手 记
◎ 胡美丽

“你今年几岁,妈?”我轻声问她。
她眼神茫然,想了好一会儿,然后很小声地说:“我……我妈呢?我要找我妈。”
小玉的母亲住在北京一家养老院里。“开始的时候,她老说有人打她,剃她的头发,听得我糊涂——这个养老院很有品质,怎么会有人打她?后来我才明白,原来她回到了‘文革时期’。年轻的时候,她是厂里的出纳,被拖出去打,让她洗厕所,把她剃成阴阳头……”
我看着沉默的小玉:“那……你怎么办?”
她说:“后来,我想出个办法,自己写了个证明书,就写‘某某人工作努力,态度良好,爱国爱党,是本厂优良职工,已经被平反,恢复一切待遇’,然后刻了一个好大的章,叫什么委员会,盖在证明书上。告诉看护,妈妈一说有人打她,就把这证明书拿出来给她看。”

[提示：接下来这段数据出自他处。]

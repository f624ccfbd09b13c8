-- ===== src/Exporter/Vmss.antt =====
-- The gauges of `_update_metrics`, and what it writes to them from the counts of a collection.
use azure_lustre_vmss_metric.Prelude.{
  ◌≡◌, refl, true, none, some, List, map, flat_map, map-map, map-flat_map, string_eq, list_eq, ◌∙◌,
}
use azure_lustre_vmss_metric.Prelude.Number.{Floats, of_nat}
use azure_lustre_vmss_metric.Models.Vmss.{
  Labels, VmssCount, vmss_instance_states, label_values, state_counts, state_label_values,
  info_label_values,
}
use azure_lustre_vmss_metric.Exporter.Gauge.{Gauges}
use azure_lustre_vmss_metric.Exporter.Family.{
  Family, Write, put, Sample, Covers, update, Tracked, update-Tracked, value-update, set_or_remove,
}
use azure_lustre_vmss_metric.Exporter.Samples.{
  Covers-labels, last_with, last_or, after_samples-last, last_or-stale,
}

-- The gauges with `VMSS_LABELS`, with `VMSS_INSTANCE_STATE_LABELS` and with `VMSS_INFO_LABELS`.
pub data CountGauge : Type 0 where
  instance_count : CountGauge
  capacity : CountGauge

pub data StateGauge : Type 0 where
  instance_count_by_state : StateGauge

pub data InfoGauge : Type 0 where
  info : InfoGauge

pub record VmssGauges (G : Type 0) : Type 0 where
  pub counts : Family CountGauge G
  pub states : Family StateGauge G
  pub infos : Family InfoGauge G

unfoldable pub new_labelsets : List VmssCount → List Labels
new_labelsets counts = map label_values counts

unfoldable pub new_state_labelsets : List VmssCount → List Labels
new_state_labelsets counts =
    flat_map (λ count. map (state_label_values count) vmss_instance_states) counts

unfoldable pub new_info_labelsets : List VmssCount → List Labels
new_info_labelsets counts = map info_label_values counts

module _ {F : Type 0} (floats : Floats F) where
  open floats use {of_int}

  unfoldable pub count_writes : VmssCount → CountGauge → Write F
  count_writes count instance_count = put (of_int count.actual_instance_count)
  count_writes count CountGauge.capacity = put (of_int count.capacity)

  unfoldable pub count_samples : List VmssCount → List (Sample CountGauge F)
  unfolding count_writes
  count_samples counts = map (λ count. (label_values count, count_writes count)) counts

  unfoldable pub count_state_samples : VmssCount → List (Sample StateGauge F)
  count_state_samples count =
      map (λ entry. (state_label_values count entry.0, λ _. put (of_int entry.1)))
        (state_counts count)

  unfoldable pub state_samples : List VmssCount → List (Sample StateGauge F)
  unfolding count_state_samples
  state_samples counts = flat_map count_state_samples counts

  unfoldable pub info_samples : List VmssCount → List (Sample InfoGauge F)
  info_samples counts = map (λ count. (info_label_values count, λ _. put (of_nat floats 1))) counts

  count_samples-Covers :
      (counts : List VmssCount) → Covers (new_labelsets counts) (count_samples counts)
  unfolding count_samples new_labelsets
  count_samples-Covers counts = Covers-labels _ _ (map-map (λ s. s.0) _ counts)

  state_samples-Covers :
      (counts : List VmssCount) → Covers (new_state_labelsets counts) (state_samples counts)
  unfolding state_samples new_state_labelsets state_counts
  state_samples-Covers counts =
      Covers-labels _ _ (map-flat_map (λ s. s.0) count_state_samples counts)

  info_samples-Covers :
      (counts : List VmssCount) → Covers (new_info_labelsets counts) (info_samples counts)
  unfolding info_samples new_info_labelsets
  info_samples-Covers counts = Covers-labels _ _ (map-map (λ s. s.0) _ counts)

module _ {G F : Type 0} (floats : Floats F) (api : Gauges G F) where
  -- The body of `_update_metrics` under the lock, once writing is allowed.
  unfoldable pub update_metrics : List VmssCount → VmssGauges G → VmssGauges G
  unfolding new_labelsets new_state_labelsets new_info_labelsets count_samples state_samples
      info_samples update
  update_metrics new_counts gauges = record {
    counts =
        update api true (new_labelsets new_counts) (count_samples floats new_counts) gauges.counts;
    states =
        update api true (new_state_labelsets new_counts) (state_samples floats new_counts)
          gauges.states;
    infos =
        update api true (new_info_labelsets new_counts) (info_samples floats new_counts)
          gauges.infos;
  }

  pub record VmssTracked (gauges : VmssGauges G) : Type 0 where
    pub counts_noted : Tracked api gauges.counts
    pub states_noted : Tracked api gauges.states
    pub infos_noted : Tracked api gauges.infos

  pub update_metrics-VmssTracked :
      (new_counts : List VmssCount) (gauges : VmssGauges G)
      → VmssTracked gauges
      → VmssTracked (update_metrics new_counts gauges)
  unfolding update_metrics
  update_metrics-VmssTracked new_counts gauges h = record {
    counts_noted =
        update-Tracked api true _ _ _ (count_samples-Covers floats new_counts) h.counts_noted;
    states_noted =
        update-Tracked api true _ _ _ (state_samples-Covers floats new_counts) h.states_noted;
    infos_noted =
        update-Tracked api true _ _ _ (info_samples-Covers floats new_counts) h.infos_noted;
  }

module _ {F : Type 0} (floats : Floats F) where
  -- What a count says of each of its gauges.
  unfoldable pub counted : CountGauge → VmssCount → F
  counted instance_count count = floats.of_int count.actual_instance_count
  counted CountGauge.capacity count = floats.of_int count.capacity

  count_writes-counted :
      (n : CountGauge) (count : VmssCount)
      → count_writes floats count n ≡ set_or_remove (some (counted n count))
  unfolding count_writes counted set_or_remove
  count_writes-counted instance_count count = refl
  count_writes-counted CountGauge.capacity count = refl

module _ {G F : Type 0} (floats : Floats F) (api : Gauges G F) where
  -- After an update, `azure_vmss_instance_count` and `azure_vmss_capacity` show for every series
  -- the last count with its labels, and nothing for labels that no count has.
  pub update_metrics-counts :
      (new_counts : List VmssCount) (gauges : VmssGauges G) (n : CountGauge) (l : Labels)
      → VmssTracked floats api gauges
      → api.value ((update_metrics floats api new_counts gauges).counts.gauge n) l
        ≡ last_or
            (λ count. some (counted floats n count))
            (last_with label_values new_counts l)
            none
  unfolding update_metrics new_labelsets count_samples
  update_metrics-counts new_counts gauges n l h =
      value-update api (new_labelsets new_counts) (count_samples floats new_counts) gauges.counts n
        l h.counts_noted
      ∙ after_samples-last label_values (count_writes floats)
          (λ count. some (counted floats n count)) new_counts n l _ (count_writes-counted floats n)
      ∙ last_or-stale (λ count. some (counted floats n count)) label_values new_counts l _
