-- ===== src/Exporter/Vm.antt =====
-- The gauges of `_update_standalone_vm_metrics`, and what it writes to them from an inventory.
pub mod Sizes
pub mod States
use azure_lustre_vmss_metric.Prelude.{
  ℕ, suc, ◌+◌, String, ltb, length, ◌≡◌, refl, ap, Bool, true, false, not, Option, none, some, List,
  [], ◌∷◌, ◌++◌, map, flat_map, map-map, map-flat_map, ◌==◌, string_eq, list_eq, ◌∙◌, if◌then◌else◌,
  arith, Bool-cases, inl, inr, Option-cases,
}
use azure_lustre_vmss_metric.Prelude.Dict.{Dict, lookup, insert, lookup-insert}
use azure_lustre_vmss_metric.Prelude.Number.{Floats, of_nat}
use azure_lustre_vmss_metric.Models.Vmss.{Labels}
use azure_lustre_vmss_metric.Models.Vm.{
  StandaloneVm, standalone_vm_power_states, info_label_values, identity_label_values,
}
use azure_lustre_vmss_metric.Exporter.Gauge.{Gauges}
use azure_lustre_vmss_metric.Exporter.Family.{
  Family, Write, put, Sample, Covers, update, clear_family, Tracked, update-Tracked, clear-Tracked,
}
use azure_lustre_vmss_metric.Exporter.Samples.{Covers-labels}

pub data VmInfoGauge : Type 0 where
  standalone_vm_info : VmInfoGauge

pub data VmPowerStateGauge : Type 0 where
  standalone_vm_power_state : VmPowerStateGauge

pub data VmSizeGauge : Type 0 where
  standalone_vm_count_by_size : VmSizeGauge

pub record VmGauges (G : Type 0) : Type 0 where
  pub infos : Family VmInfoGauge G
  pub power_states : Family VmPowerStateGauge G
  pub sizes : Family VmSizeGauge G

-- `size_counts.get(size, 0)`
unfoldable pub count_or_zero : Option ℕ → ℕ
count_or_zero none = 0
count_or_zero (some n) = n

-- `for vm in vms: size_counts[vm.vm_size] = size_counts.get(vm.vm_size, 0) + 1`
unfoldable pub count_sizes : List StandaloneVm → Dict String ℕ → Dict String ℕ
unfolding insert lookup count_or_zero
count_sizes [] size_counts = size_counts
count_sizes (vm ∷ vms) size_counts =
    count_sizes vms
      (insert vm.vm_size (count_or_zero (lookup vm.vm_size size_counts) + 1) size_counts)

-- `suppress_per_vm`
unfoldable pub suppress_per_vm : ℕ → List StandaloneVm → Bool
suppress_per_vm max_inventory vms = ltb max_inventory (length vms)

-- The virtual machines that have series of their own.
unfoldable pub per_vm : ℕ → List StandaloneVm → List StandaloneVm
unfolding suppress_per_vm
per_vm max_inventory vms = if suppress_per_vm max_inventory vms then [] else vms

unfoldable pub new_vm_info_labelsets : List StandaloneVm → List Labels
new_vm_info_labelsets vms = map info_label_values vms

unfoldable pub new_power_state_labelsets : List StandaloneVm → List Labels
new_power_state_labelsets vms =
    flat_map
      (λ vm. map (λ state. identity_label_values vm ++ state ∷ []) standalone_vm_power_states) vms

unfoldable pub new_size_labelsets : Dict String ℕ → List Labels
new_size_labelsets size_counts = map (λ entry. entry.0 ∷ []) size_counts

module _ {F : Type 0} (floats : Floats F) where
  unfoldable pub vm_info_samples : List StandaloneVm → List (Sample VmInfoGauge F)
  vm_info_samples vms = map (λ vm. (info_label_values vm, λ _. put (of_nat floats 1))) vms

  -- `1.0 if state == vm.power_state else 0.0`
  unfoldable pub state_value : StandaloneVm → String → F
  state_value vm state = if state == vm.power_state then of_nat floats 1 else of_nat floats 0

  unfoldable pub vm_state_samples : StandaloneVm → List (Sample VmPowerStateGauge F)
  unfolding state_value
  vm_state_samples vm =
      map (λ state. (identity_label_values vm ++ state ∷ [], λ _. put (state_value vm state)))
        standalone_vm_power_states

  unfoldable pub power_state_samples : List StandaloneVm → List (Sample VmPowerStateGauge F)
  unfolding vm_state_samples
  power_state_samples vms = flat_map vm_state_samples vms

  unfoldable pub size_samples : Dict String ℕ → List (Sample VmSizeGauge F)
  size_samples size_counts =
      map (λ entry. (entry.0 ∷ [], λ _. put (of_nat floats entry.1))) size_counts

  vm_info_samples-Covers :
      (vms : List StandaloneVm) → Covers (new_vm_info_labelsets vms) (vm_info_samples vms)
  unfolding vm_info_samples new_vm_info_labelsets
  vm_info_samples-Covers vms = Covers-labels _ _ (map-map (λ s. s.0) _ vms)

  power_state_samples-Covers :
      (vms : List StandaloneVm) → Covers (new_power_state_labelsets vms) (power_state_samples vms)
  unfolding power_state_samples new_power_state_labelsets vm_state_samples
  power_state_samples-Covers vms = Covers-labels _ _ (map-flat_map (λ s. s.0) vm_state_samples vms)

  size_samples-Covers :
      (size_counts : Dict String ℕ)
      → Covers (new_size_labelsets size_counts) (size_samples size_counts)
  unfolding size_samples new_size_labelsets
  size_samples-Covers size_counts = Covers-labels _ _ (map-map (λ s. s.0) _ size_counts)

module _ {G F : Type 0} (floats : Floats F) (api : Gauges G F) where
  -- The body of `_update_standalone_vm_metrics` under the lock, once writing is allowed.
  unfoldable pub update_standalone_vm_metrics : ℕ → List StandaloneVm → VmGauges G → VmGauges G
  unfolding per_vm count_sizes new_vm_info_labelsets new_power_state_labelsets new_size_labelsets
      vm_info_samples power_state_samples size_samples update
  update_standalone_vm_metrics max_inventory vms gauges =
      let size_counts = count_sizes vms [] in
      let shown = per_vm max_inventory vms in
      record {
        infos =
            update api true (new_vm_info_labelsets shown) (vm_info_samples floats shown)
              gauges.infos;
        power_states =
            update api true (new_power_state_labelsets shown) (power_state_samples floats shown)
              gauges.power_states;
        sizes =
            update api true (new_size_labelsets size_counts) (size_samples floats size_counts)
              gauges.sizes;
      }

  pub record VmTracked (gauges : VmGauges G) : Type 0 where
    pub infos_noted : Tracked api gauges.infos
    pub power_states_noted : Tracked api gauges.power_states
    pub sizes_noted : Tracked api gauges.sizes

  pub update_standalone_vm_metrics-VmTracked :
      (max_inventory : ℕ) (vms : List StandaloneVm) (gauges : VmGauges G)
      → VmTracked gauges
      → VmTracked (update_standalone_vm_metrics max_inventory vms gauges)
  unfolding update_standalone_vm_metrics
  update_standalone_vm_metrics-VmTracked max_inventory vms gauges h = record {
    infos_noted =
        update-Tracked api true _ _ _ (vm_info_samples-Covers floats (per_vm max_inventory vms))
          h.infos_noted;
    power_states_noted =
        update-Tracked api true _ _ _ (power_state_samples-Covers floats (per_vm max_inventory vms))
          h.power_states_noted;
    sizes_noted =
        update-Tracked api true _ _ _ (size_samples-Covers floats (count_sizes vms []))
          h.sizes_noted;
  }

我不禁失笑,我们这些50岁的女人都在做一样的事情啊。我妈每天都在数她钱包里的钞票,每天都边数边说“我的钱哪儿去了”,我们解释说她的钱在银行里,她就用那种怀疑的眼光盯着我看。怎么办?于是,我打了一个“银行证明”——“兹证明某某女士在本行存有五百万元整”,然后下面盖个方方正正的章,红色的,正的反的连盖好几个,看起来很衙门,很威风。我交待印佣:“她一提到钱,你就把这证明拿出来让她看。”我还备了好几副老花眼镜,跟“银行证明”一起放在她床头的抽屉里,钱包则塞在她枕头底下。
按摩完了,小玉和我的“妈妈手记”技术交换也差不多了,我们各自回家,看着妈妈。